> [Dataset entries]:
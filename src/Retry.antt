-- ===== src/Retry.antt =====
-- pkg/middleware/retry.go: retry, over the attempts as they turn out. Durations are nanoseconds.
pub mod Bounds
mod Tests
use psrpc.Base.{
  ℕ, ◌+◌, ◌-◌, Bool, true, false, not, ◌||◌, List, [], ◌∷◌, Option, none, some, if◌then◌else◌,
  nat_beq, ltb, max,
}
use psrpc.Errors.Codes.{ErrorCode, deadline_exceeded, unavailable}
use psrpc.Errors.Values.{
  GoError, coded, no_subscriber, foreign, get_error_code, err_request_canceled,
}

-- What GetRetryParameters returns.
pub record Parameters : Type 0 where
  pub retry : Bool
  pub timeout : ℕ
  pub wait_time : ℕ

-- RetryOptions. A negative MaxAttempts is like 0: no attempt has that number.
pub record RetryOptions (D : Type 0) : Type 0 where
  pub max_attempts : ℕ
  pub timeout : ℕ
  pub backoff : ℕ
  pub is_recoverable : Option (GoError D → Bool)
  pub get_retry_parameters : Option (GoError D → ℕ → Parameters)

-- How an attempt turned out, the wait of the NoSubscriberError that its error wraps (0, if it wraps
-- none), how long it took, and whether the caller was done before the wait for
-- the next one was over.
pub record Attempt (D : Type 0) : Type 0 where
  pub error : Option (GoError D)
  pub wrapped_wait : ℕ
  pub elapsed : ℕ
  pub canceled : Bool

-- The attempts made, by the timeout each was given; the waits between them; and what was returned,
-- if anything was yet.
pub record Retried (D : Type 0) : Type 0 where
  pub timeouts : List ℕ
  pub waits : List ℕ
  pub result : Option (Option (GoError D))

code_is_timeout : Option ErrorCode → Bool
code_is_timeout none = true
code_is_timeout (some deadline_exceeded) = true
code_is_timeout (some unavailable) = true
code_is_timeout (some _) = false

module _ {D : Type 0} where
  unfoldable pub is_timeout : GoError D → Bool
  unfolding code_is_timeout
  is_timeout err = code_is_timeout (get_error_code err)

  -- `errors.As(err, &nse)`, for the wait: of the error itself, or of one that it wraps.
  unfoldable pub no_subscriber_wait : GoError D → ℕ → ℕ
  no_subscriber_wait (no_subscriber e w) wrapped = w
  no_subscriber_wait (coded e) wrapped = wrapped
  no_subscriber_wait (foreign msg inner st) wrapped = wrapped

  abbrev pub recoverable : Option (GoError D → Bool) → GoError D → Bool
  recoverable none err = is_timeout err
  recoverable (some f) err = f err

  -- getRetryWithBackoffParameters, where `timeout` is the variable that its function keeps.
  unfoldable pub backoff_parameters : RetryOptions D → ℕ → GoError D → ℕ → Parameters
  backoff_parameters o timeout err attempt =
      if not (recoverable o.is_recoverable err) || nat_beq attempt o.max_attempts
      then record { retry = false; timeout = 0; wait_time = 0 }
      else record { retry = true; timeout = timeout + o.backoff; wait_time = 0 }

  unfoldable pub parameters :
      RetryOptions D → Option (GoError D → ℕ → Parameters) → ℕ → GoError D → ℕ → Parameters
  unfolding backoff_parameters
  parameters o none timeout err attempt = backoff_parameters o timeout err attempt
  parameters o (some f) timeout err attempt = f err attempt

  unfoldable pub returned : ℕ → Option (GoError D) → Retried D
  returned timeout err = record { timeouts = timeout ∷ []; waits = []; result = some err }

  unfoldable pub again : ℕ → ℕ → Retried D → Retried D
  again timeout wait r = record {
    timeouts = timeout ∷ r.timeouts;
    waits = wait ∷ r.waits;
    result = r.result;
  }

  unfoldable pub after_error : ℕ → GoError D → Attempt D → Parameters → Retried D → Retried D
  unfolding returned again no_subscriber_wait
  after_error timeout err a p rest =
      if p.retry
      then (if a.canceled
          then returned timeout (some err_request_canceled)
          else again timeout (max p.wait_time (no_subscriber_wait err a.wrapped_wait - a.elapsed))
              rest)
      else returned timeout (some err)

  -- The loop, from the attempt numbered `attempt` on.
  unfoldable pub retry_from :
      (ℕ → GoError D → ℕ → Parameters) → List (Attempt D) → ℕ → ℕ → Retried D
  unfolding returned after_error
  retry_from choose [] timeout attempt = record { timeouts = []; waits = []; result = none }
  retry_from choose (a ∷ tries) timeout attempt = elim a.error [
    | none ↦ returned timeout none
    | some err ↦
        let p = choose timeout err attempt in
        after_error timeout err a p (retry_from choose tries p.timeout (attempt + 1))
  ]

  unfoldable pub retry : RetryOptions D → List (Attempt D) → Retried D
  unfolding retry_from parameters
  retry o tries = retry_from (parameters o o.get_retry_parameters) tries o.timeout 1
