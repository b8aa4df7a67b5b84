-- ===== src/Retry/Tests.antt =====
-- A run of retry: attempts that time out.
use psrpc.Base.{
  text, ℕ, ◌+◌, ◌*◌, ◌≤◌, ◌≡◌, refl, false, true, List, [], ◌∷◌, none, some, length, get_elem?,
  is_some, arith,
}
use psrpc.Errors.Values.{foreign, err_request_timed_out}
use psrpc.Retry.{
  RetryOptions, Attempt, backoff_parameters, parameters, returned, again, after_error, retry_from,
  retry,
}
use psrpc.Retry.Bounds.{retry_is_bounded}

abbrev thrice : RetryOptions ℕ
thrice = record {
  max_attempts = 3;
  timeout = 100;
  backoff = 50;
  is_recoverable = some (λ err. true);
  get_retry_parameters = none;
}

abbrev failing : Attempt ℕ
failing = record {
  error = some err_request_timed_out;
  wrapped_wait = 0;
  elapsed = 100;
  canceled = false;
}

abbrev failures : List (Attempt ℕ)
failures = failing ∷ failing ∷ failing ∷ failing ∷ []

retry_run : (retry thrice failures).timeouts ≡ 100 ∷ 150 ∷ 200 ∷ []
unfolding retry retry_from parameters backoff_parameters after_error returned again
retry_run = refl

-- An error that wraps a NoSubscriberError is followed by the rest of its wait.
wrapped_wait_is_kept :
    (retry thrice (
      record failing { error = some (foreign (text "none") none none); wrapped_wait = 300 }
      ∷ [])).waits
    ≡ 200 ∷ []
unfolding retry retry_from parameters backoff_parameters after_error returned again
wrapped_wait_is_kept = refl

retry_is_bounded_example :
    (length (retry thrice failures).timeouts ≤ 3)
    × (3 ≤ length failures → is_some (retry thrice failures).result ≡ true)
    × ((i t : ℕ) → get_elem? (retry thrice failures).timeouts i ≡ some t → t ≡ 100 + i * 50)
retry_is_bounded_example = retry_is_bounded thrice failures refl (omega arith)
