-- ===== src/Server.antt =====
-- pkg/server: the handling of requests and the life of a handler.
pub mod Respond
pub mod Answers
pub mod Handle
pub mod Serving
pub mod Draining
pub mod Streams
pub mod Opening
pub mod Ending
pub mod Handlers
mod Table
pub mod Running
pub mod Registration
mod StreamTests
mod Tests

> [How to complete this task]: Among the entries above, the line containing "returned timeout err", the line containing "unfoldable pub after_error", and all lines between them are to be restated word for word; nothing else belongs in the reply.

> [Answer space]:
  returned timeout err = record { timeouts = timeout ∷ []; waits = []; result = some err }

  unfoldable pub again : ℕ → ℕ → Retried D → Retried D
  again timeout wait r = record {
    timeouts = timeout ∷ r.timeouts;
    waits = wait ∷ r.waits;
    result = r.result;
  }

  unfoldable pub after_error : ℕ → GoError D → Attempt D → Parameters → Retried D → Retried D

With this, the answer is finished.